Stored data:
Content starts

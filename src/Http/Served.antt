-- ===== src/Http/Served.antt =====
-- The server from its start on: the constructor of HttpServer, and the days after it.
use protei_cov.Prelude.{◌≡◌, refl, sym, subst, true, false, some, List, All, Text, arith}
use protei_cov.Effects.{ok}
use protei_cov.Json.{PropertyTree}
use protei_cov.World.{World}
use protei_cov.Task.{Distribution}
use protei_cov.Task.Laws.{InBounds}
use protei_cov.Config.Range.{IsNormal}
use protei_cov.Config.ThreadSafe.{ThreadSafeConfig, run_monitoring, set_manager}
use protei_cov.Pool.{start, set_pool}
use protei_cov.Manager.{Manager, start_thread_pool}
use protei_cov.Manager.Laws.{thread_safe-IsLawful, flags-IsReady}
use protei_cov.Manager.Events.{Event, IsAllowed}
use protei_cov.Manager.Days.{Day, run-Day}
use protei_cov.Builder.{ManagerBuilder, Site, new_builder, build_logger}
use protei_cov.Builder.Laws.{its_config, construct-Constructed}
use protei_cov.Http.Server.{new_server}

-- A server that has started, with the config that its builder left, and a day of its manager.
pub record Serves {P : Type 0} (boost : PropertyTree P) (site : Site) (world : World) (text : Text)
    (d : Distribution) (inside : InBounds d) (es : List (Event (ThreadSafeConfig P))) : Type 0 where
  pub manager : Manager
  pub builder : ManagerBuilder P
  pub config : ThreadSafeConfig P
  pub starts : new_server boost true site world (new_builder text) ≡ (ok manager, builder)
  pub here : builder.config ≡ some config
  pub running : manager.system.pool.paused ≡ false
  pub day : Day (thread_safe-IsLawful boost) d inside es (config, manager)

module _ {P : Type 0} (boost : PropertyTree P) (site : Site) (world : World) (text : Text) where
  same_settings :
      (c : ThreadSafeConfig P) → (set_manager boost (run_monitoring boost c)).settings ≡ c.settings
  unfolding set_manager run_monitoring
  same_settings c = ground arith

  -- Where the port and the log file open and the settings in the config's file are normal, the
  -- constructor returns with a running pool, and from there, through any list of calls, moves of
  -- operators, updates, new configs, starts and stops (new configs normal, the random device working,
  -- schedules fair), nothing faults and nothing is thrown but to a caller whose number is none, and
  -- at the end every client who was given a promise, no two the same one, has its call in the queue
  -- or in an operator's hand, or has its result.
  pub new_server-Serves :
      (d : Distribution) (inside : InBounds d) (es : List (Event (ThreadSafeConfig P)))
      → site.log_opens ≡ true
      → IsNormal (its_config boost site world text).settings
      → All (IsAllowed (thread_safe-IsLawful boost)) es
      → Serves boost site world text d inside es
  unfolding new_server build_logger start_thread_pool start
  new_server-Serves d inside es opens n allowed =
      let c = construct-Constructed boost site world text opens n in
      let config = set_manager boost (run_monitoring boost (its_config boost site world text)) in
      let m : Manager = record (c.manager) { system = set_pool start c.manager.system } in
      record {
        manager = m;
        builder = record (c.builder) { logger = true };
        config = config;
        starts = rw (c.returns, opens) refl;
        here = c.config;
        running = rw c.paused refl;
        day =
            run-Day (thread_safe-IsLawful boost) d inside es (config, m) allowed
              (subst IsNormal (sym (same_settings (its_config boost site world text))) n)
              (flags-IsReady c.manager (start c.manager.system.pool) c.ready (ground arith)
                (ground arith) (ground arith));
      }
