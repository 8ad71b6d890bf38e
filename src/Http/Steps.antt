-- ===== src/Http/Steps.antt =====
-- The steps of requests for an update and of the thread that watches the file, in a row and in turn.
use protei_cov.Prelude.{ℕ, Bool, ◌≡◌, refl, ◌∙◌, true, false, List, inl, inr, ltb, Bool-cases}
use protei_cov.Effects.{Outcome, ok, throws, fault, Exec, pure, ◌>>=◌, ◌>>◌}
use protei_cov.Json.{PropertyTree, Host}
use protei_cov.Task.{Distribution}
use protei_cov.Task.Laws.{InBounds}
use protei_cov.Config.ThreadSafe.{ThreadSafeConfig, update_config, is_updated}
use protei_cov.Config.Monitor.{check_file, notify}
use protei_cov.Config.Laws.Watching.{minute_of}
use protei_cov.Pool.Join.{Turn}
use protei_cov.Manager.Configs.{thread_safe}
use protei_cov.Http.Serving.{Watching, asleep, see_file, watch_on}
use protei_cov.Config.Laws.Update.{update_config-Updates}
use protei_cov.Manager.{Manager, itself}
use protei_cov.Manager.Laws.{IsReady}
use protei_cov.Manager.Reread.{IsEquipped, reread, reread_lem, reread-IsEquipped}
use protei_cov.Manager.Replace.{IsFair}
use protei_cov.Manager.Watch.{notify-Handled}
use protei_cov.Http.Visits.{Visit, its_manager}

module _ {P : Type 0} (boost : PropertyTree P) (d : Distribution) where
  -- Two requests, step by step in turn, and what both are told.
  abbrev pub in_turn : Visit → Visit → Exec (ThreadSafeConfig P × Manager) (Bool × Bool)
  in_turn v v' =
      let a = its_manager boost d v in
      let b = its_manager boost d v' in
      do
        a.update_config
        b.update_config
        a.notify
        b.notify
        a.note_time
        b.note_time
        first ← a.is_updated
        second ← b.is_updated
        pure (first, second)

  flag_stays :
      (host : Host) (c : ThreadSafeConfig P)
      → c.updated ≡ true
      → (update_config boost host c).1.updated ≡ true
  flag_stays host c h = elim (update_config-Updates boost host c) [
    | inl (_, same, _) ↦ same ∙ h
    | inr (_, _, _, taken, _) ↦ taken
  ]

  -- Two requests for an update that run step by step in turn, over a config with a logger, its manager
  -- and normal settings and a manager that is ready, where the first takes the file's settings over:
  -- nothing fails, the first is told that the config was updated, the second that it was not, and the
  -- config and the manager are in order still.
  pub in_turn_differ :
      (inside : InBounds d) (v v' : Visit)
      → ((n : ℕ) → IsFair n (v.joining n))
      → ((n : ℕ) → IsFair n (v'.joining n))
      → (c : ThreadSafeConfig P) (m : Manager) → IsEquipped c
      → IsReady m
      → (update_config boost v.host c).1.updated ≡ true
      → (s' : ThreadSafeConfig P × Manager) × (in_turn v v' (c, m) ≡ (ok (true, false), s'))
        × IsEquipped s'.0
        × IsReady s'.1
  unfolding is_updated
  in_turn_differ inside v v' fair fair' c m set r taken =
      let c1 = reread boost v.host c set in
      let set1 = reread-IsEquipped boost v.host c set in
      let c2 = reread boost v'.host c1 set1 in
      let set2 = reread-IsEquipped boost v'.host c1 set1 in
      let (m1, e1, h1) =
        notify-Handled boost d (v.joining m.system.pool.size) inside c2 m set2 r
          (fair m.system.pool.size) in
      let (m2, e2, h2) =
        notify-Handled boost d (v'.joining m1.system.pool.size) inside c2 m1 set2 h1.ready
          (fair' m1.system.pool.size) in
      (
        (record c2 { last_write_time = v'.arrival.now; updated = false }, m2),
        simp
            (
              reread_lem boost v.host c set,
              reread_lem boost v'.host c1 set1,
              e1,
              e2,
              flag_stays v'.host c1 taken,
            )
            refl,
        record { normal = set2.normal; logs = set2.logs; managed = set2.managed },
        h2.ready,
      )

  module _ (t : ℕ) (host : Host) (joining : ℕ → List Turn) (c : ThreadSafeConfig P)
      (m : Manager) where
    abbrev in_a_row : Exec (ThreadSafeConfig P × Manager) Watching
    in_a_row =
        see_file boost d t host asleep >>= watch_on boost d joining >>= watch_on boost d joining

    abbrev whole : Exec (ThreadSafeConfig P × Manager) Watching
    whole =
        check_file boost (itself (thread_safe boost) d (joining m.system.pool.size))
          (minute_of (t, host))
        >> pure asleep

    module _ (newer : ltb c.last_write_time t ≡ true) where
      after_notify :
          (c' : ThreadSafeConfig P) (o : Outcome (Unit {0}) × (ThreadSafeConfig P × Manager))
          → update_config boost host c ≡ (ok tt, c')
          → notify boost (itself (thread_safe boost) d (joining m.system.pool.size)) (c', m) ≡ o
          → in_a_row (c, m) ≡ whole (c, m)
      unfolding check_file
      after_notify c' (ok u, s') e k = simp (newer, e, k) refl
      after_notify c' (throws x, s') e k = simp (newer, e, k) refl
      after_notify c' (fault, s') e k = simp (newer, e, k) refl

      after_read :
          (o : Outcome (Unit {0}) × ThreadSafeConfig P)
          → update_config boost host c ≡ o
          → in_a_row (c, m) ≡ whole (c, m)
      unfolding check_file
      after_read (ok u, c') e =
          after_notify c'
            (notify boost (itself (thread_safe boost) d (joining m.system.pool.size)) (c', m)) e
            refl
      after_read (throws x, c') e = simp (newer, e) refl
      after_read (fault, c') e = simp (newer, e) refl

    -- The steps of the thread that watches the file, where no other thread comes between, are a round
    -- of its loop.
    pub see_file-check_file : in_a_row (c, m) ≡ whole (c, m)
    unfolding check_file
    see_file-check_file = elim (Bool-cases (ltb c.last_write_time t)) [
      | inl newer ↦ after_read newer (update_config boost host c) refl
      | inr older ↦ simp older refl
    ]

Content ends

## Work required
Search the entries above for the word "Served", and copy every line where it occurs.

## Written response
filename src/Http/Served.antt
-- ===== src/Http/Served.antt =====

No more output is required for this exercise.